───── AVAILABLE DATA
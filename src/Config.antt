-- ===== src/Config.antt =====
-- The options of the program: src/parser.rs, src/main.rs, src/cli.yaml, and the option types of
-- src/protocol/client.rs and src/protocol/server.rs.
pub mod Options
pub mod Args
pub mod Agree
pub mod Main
──────────
───── AVAILABLE DATA
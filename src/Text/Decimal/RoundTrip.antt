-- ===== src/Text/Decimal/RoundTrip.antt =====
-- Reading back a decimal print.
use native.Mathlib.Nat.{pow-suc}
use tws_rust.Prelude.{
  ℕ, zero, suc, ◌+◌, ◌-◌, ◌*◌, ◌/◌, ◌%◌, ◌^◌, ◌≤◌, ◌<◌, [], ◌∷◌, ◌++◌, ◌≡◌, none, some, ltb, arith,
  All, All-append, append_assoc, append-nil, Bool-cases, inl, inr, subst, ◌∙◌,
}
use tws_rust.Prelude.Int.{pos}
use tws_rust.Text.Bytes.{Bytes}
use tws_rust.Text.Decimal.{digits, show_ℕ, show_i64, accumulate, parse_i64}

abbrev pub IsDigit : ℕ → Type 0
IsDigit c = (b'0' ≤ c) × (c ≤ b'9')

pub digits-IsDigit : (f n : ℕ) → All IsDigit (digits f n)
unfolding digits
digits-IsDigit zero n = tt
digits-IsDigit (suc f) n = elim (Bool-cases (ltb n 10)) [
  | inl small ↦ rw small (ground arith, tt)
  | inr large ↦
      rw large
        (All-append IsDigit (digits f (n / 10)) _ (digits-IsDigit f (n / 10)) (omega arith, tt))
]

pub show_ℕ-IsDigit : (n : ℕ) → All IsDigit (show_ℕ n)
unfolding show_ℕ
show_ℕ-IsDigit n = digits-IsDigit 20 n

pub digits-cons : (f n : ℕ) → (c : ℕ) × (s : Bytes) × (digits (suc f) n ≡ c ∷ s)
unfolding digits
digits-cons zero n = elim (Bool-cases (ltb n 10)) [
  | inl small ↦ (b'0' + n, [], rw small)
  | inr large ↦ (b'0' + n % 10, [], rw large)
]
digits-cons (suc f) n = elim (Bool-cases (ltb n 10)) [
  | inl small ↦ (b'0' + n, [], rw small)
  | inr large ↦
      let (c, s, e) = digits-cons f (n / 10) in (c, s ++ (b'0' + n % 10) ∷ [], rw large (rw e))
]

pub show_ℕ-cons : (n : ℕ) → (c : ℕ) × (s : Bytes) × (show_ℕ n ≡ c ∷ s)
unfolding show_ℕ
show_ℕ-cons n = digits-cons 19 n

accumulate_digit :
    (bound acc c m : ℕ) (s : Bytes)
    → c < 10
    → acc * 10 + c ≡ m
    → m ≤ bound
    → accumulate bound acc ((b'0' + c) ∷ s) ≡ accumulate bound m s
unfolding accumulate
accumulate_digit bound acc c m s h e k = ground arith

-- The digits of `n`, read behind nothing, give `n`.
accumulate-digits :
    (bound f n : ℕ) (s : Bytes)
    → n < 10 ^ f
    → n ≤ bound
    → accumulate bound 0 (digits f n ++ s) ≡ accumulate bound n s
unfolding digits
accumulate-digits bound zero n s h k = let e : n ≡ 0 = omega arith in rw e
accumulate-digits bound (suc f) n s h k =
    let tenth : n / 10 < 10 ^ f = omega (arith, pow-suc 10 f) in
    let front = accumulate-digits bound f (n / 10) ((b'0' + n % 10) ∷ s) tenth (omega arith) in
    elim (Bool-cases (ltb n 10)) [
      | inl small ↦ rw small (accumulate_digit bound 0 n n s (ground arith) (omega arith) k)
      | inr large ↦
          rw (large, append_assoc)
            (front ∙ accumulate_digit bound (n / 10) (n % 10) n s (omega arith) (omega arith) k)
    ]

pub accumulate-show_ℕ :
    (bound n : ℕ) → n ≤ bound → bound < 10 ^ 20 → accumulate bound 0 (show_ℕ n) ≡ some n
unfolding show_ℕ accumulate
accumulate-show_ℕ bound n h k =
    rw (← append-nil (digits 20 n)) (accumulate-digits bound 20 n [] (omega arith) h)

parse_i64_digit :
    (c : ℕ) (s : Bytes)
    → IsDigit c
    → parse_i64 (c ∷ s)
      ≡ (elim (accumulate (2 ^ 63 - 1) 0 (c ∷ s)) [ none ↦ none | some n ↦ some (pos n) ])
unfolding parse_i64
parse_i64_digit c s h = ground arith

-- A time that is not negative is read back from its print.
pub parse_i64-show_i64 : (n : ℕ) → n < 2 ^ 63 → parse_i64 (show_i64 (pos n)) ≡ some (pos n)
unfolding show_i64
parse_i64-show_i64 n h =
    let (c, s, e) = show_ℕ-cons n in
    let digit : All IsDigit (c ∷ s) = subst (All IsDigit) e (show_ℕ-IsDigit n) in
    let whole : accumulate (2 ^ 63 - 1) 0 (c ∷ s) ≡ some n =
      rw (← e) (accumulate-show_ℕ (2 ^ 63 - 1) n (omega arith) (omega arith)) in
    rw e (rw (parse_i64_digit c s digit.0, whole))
──────────
**EXERCISE DETAILS:**
Reproduce only the lines above, starting at the line with "filename src/Config.antt" and ending at the line with "pub mod Main", exactly as written.

**FINISHED TASK:**
filename src/Config.antt
-- ===== src/Config.antt =====
-- The options of the program: src/parser.rs, src/main.rs, src/cli.yaml, and the option types of
-- src/protocol/client.rs and src/protocol/server.rs.
pub mod Options
pub mod Args
pub mod Agree
pub mod Main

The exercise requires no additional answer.